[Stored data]
== Segment start ==

-- ===== src/Deck/Known/Crew.antt =====
-- Each message of the crew (src/server/Shipdeck.cpp) leaves the ship deck knowing a client as before, if
-- the sender is another or known.
use pirate_servers.Base.{
  String, ◌≡◌, ◌≢◌, refl, sym, ap, ◌∙◌, inl, inr, ◌==◌, ◌&&◌, not, Bool-cases, true, false, List,
  [], ◌∷◌, arith,
}
use pirate_servers.Base.Map.{Map, or_default, contains, index, insert, lookup-insert}
use pirate_servers.Base.Outcome.{ok}
use pirate_servers.Wire.{Message, frame}
use pirate_servers.Defines.{
  ClientId, ServerId, CabinInfo, set_offline, client_info, set_crew_id, set_server_id,
}
use pirate_servers.Deck.{Deck, Sent, client_at, touch_client, touch_name}
use pirate_servers.Deck.Crew.{
  leave, join, show, ping, showall, quit, login, handle_crewmate_input,
  handle_crewmate_input_command, handle_crewmate_input_text,
}
use pirate_servers.Deck.Keeps.{Gives, keeps_rules}
use pirate_servers.Deck.Move.{modify_client}
use pirate_servers.Deck.Known.{
  IsSteady, KnownIf, still-IsSteady, then-IsSteady, touch-IsSteady, change-IsSteady,
  either-IsSteady, looked_up-IsSteady, looked_up_change-IsSteady, set_keys,
}

index-insert_same :
    (name username crew_id : String) (names : Map ClientId)
    → (username == name) ≡ true
    → index name "" (insert username crew_id names) ≡ crew_id
index-insert_same name username crew_id names same =
    ap (or_default "") (lookup-insert username name crew_id names) ∙ rw same refl

index-insert_other :
    (name username crew_id : String) (names : Map ClientId)
    → (username == name) ≡ false
    → index name "" (insert username crew_id names) ≡ index name "" names
index-insert_other name username crew_id names another =
    ap (or_default "") (lookup-insert username name crew_id names) ∙ rw another refl

-- The handlers of the crew's messages. `known` is about the sender.
module _ (c_id : ClientId) (d : Deck) (input : Message)
    (known : (crew_id : ClientId) → frame input 1 ≡ ok crew_id → KnownIf c_id crew_id d) where
  abbrev Steady : Deck → List Sent → Type 0
  Steady d' out = IsSteady c_id d d'

  leave-IsSteady :
      (crew_id : ClientId) → frame input 1 ≡ ok crew_id → IsSteady c_id d (leave crew_id d).0
  unfolding leave
  leave-IsSteady crew_id at =
      either-IsSteady c_id _ (touch_client crew_id (touch_name d.default_cabin d), []) _
        (looked_up-IsSteady c_id crew_id d.default_cabin d (known crew_id at))
        (looked_up_change-IsSteady c_id crew_id _ d.default_cabin d (known crew_id at))

  join-IsSteady :
      (crew_id : ClientId) (cabin_name : String)
      → frame input 1 ≡ ok crew_id
      → IsSteady c_id d (join crew_id cabin_name d).0
  unfolding join
  join-IsSteady crew_id cabin_name at =
      either-IsSteady c_id _ (touch_client crew_id (touch_name cabin_name d), []) _
        (looked_up-IsSteady c_id crew_id cabin_name d (known crew_id at))
        (looked_up_change-IsSteady c_id crew_id _ cabin_name d (known crew_id at))

  show-IsSteady :
      (s_id : ServerId) (crew_id : ClientId)
      → frame input 1 ≡ ok crew_id
      → IsSteady c_id d (show s_id crew_id d).0
  unfolding show
  show-IsSteady s_id crew_id at =
      either-IsSteady c_id _ (touch_client crew_id d, _ ∷ []) (touch_client crew_id d, [])
        (touch-IsSteady c_id crew_id d (known crew_id at))
        (touch-IsSteady c_id crew_id d (known crew_id at))

  quit-IsSteady :
      (crew_id : ClientId) → frame input 1 ≡ ok crew_id → IsSteady c_id d (quit crew_id d).0
  unfolding quit
  quit-IsSteady crew_id at =
      let offline =
        set_keys c_id crew_id (set_offline (client_at crew_id d)) d.client_map (known crew_id at) in
      then-IsSteady c_id (record { keys = offline; ids = λ name e. e })
        (change-IsSteady c_id crew_id "" (modify_client crew_id set_offline d)
          (λ same. offline ∙ known crew_id at same))

  sender-IsSteady :
      (crew_id : ClientId) → frame input 1 ≡ ok crew_id → IsSteady c_id d (touch_client crew_id d)
  sender-IsSteady crew_id at = touch-IsSteady c_id crew_id d (known crew_id at)

  older :
      (name username crew_id : String) (names : Map ClientId)
      → crew_id ≢ c_id
      → index name "" (insert username crew_id names) ≡ c_id
      → index name "" names ≡ c_id
  older name username crew_id names other e = elim (Bool-cases (username == name)) [
    | inl same ↦ absurd (other (sym (index-insert_same name username crew_id names same) ∙ e))
    | inr another ↦ sym (index-insert_other name username crew_id names another) ∙ e
  ]

  -- A first login of another client.
  login-IsSteady :
      (visit : Map CabinInfo → Map CabinInfo) (message_type s_id crew_id username password : String)
      → frame input 1 ≡ ok crew_id
      → (message_type == "LOGIN" && not (contains crew_id d.client_map)) ≡ true
      → IsSteady c_id d (login visit s_id crew_id username password d).0
  unfolding login
  login-IsSteady visit message_type s_id crew_id username password at first =
      let other : crew_id ≢ c_id = λ same. ground (arith, known crew_id at same, same) in
      let entry = set_crew_id crew_id (set_server_id s_id (client_info username password)) in
      then-IsSteady c_id
        (record {
          keys = set_keys c_id crew_id entry d.client_map (λ same. absurd (other same));
          ids = λ name e. older name username crew_id d.crew_name_to_id other e;
        })
        (change-IsSteady c_id crew_id _ _ (λ same. absurd (other same)))

  command-Steady :
      (visit : Map CabinInfo → Map CabinInfo)
      → Gives Steady (handle_crewmate_input_command visit input d)
  unfolding handle_crewmate_input_command ping showall
  command-Steady visit =
      search
        (
          keeps_rules,
          leave-IsSteady,
          join-IsSteady,
          show-IsSteady,
          quit-IsSteady,
          still-IsSteady c_id,
        )
        depth 25

  text-Steady :
      (visit : Map CabinInfo → Map CabinInfo)
      → Gives Steady (handle_crewmate_input_text visit input d)
  unfolding handle_crewmate_input_text
  text-Steady visit = search (keeps_rules, sender-IsSteady) depth 25

  pub crew-Steady :
      (visit : Map CabinInfo → Map CabinInfo) → Gives Steady (handle_crewmate_input visit input d)
  unfolding handle_crewmate_input
  crew-Steady visit =
      search (keeps_rules, login-IsSteady, command-Steady, text-Steady, still-IsSteady c_id) depth
        25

== Segment end ==

What the exercise asks:
Each entry above is to be copied out exactly.

Task output:
-- ===== src/Deck/Known/Crew.antt =====
-- Each message of the crew (src/server/Shipdeck.cpp) leaves the ship deck knowing a client as before, if
-- the sender is another or known.
use pirate_servers.Base.{
  String, ◌≡◌, ◌≢◌, refl, sym, ap, ◌∙◌, inl, inr, ◌==◌, ◌&&◌, not, Bool-cases, true, false, List,
  [], ◌∷◌, arith,
}
use pirate_servers.Base.Map.{Map, or_default, contains, index, insert, lookup-insert}
use pirate_servers.Base.Outcome.{ok}
use pirate_servers.Wire.{Message, frame}
use pirate_servers.Defines.{
  ClientId, ServerId, CabinInfo, set_offline, client_info, set_crew_id, set_server_id,
}
use pirate_servers.Deck.{Deck, Sent, client_at, touch_client, touch_name}
use pirate_servers.Deck.Crew.{
  leave, join, show, ping, showall, quit, login, handle_crewmate_input,
  handle_crewmate_input_command, handle_crewmate_input_text,
}
use pirate_servers.Deck.Keeps.{Gives, keeps_rules}
use pirate_servers.Deck.Move.{modify_client}
use pirate_servers.Deck.Known.{
  IsSteady, KnownIf, still-IsSteady, then-IsSteady, touch-IsSteady, change-IsSteady,
  either-IsSteady, looked_up-IsSteady, looked_up_change-IsSteady, set_keys,
}

index-insert_same :
    (name username crew_id : String) (names : Map ClientId)
    → (username == name) ≡ true
    → index name "" (insert username crew_id names) ≡ crew_id
index-insert_same name username crew_id names same =
    ap (or_default "") (lookup-insert username name crew_id names) ∙ rw same refl

index-insert_other :
    (name username crew_id : String) (names : Map ClientId)
    → (username == name) ≡ false
    → index name "" (insert username crew_id names) ≡ index name "" names
index-insert_other name username crew_id names another =
    ap (or_default "") (lookup-insert username name crew_id names) ∙ rw another refl

-- The handlers of the crew's messages. `known` is about the sender.
module _ (c_id : ClientId) (d : Deck) (input : Message)
    (known : (crew_id : ClientId) → frame input 1 ≡ ok crew_id → KnownIf c_id crew_id d) where
  abbrev Steady : Deck → List Sent → Type 0
  Steady d' out = IsSteady c_id d d'

  leave-IsSteady :
      (crew_id : ClientId) → frame input 1 ≡ ok crew_id → IsSteady c_id d (leave crew_id d).0
  unfolding leave
  leave-IsSteady crew_id at =
      either-IsSteady c_id _ (touch_client crew_id (touch_name d.default_cabin d), []) _
        (looked_up-IsSteady c_id crew_id d.default_cabin d (known crew_id at))
        (looked_up_change-IsSteady c_id crew_id _ d.default_cabin d (known crew_id at))

  join-IsSteady :
      (crew_id : ClientId) (cabin_name : String)
      → frame input 1 ≡ ok crew_id
      → IsSteady c_id d (join crew_id cabin_name d).0
  unfolding join
  join-IsSteady crew_id cabin_name at =
      either-IsSteady c_id _ (touch_client crew_id (touch_name cabin_name d), []) _
        (looked_up-IsSteady c_id crew_id cabin_name d (known crew_id at))
        (looked_up_change-IsSteady c_id crew_id _ cabin_name d (known crew_id at))

  show-IsSteady :
      (s_id : ServerId) (crew_id : ClientId)
      → frame input 1 ≡ ok crew_id
      → IsSteady c_id d (show s_id crew_id d).0
  unfolding show
  show-IsSteady s_id crew_id at =
      either-IsSteady c_id _ (touch_client crew_id d, _ ∷ []) (touch_client crew_id d, [])
        (touch-IsSteady c_id crew_id d (known crew_id at))
        (touch-IsSteady c_id crew_id d (known crew_id at))

  quit-IsSteady :
      (crew_id : ClientId) → frame input 1 ≡ ok crew_id → IsSteady c_id d (quit crew_id d).0
  unfolding quit
  quit-IsSteady crew_id at =
      let offline =
        set_keys c_id crew_id (set_offline (client_at crew_id d)) d.client_map (known crew_id at) in
      then-IsSteady c_id (record { keys = offline; ids = λ name e. e })
        (change-IsSteady c_id crew_id "" (modify_client crew_id set_offline d)
          (λ same. offline ∙ known crew_id at same))

  sender-IsSteady :
      (crew_id : ClientId) → frame input 1 ≡ ok crew_id → IsSteady c_id d (touch_client crew_id d)
  sender-IsSteady crew_id at = touch-IsSteady c_id crew_id d (known crew_id at)

  older :
      (name username crew_id : String) (names : Map ClientId)
      → crew_id ≢ c_id
      → index name "" (insert username crew_id names) ≡ c_id
      → index name "" names ≡ c_id
  older name username crew_id names other e = elim (Bool-cases (username == name)) [
    | inl same ↦ absurd (other (sym (index-insert_same name username crew_id names same) ∙ e))
    | inr another ↦ sym (index-insert_other name username crew_id names another) ∙ e
  ]

  -- A first login of another client.
  login-IsSteady :
      (visit : Map CabinInfo → Map CabinInfo) (message_type s_id crew_id username password : String)
      → frame input 1 ≡ ok crew_id
      → (message_type == "LOGIN" && not (contains crew_id d.client_map)) ≡ true
      → IsSteady c_id d (login visit s_id crew_id username password d).0
  unfolding login
  login-IsSteady visit message_type s_id crew_id username password at first =
      let other : crew_id ≢ c_id = λ same. ground (arith, known crew_id at same, same) in
      let entry = set_crew_id crew_id (set_server_id s_id (client_info username password)) in
      then-IsSteady c_id
        (record {
          keys = set_keys c_id crew_id entry d.client_map (λ same. absurd (other same));
          ids = λ name e. older name username crew_id d.crew_name_to_id other e;
        })
        (change-IsSteady c_id crew_id _ _ (λ same. absurd (other same)))

  command-Steady :
      (visit : Map CabinInfo → Map CabinInfo)
      → Gives Steady (handle_crewmate_input_command visit input d)
  unfolding handle_crewmate_input_command ping showall
  command-Steady visit =
      search
        (
          keeps_rules,
          leave-IsSteady,
          join-IsSteady,
          show-IsSteady,
          quit-IsSteady,
          still-IsSteady c_id,
        )
        depth 25

  text-Steady :
      (visit : Map CabinInfo → Map CabinInfo)
      → Gives Steady (handle_crewmate_input_text visit input d)
  unfolding handle_crewmate_input_text
  text-Steady visit = search (keeps_rules, sender-IsSteady) depth 25

  pub crew-Steady :
      (visit : Map CabinInfo → Map CabinInfo) → Gives Steady (handle_crewmate_input visit input d)
  unfolding handle_crewmate_input
  crew-Steady visit =
      search (keeps_rules, login-IsSteady, command-Steady, text-Steady, still-IsSteady c_id) depth
        25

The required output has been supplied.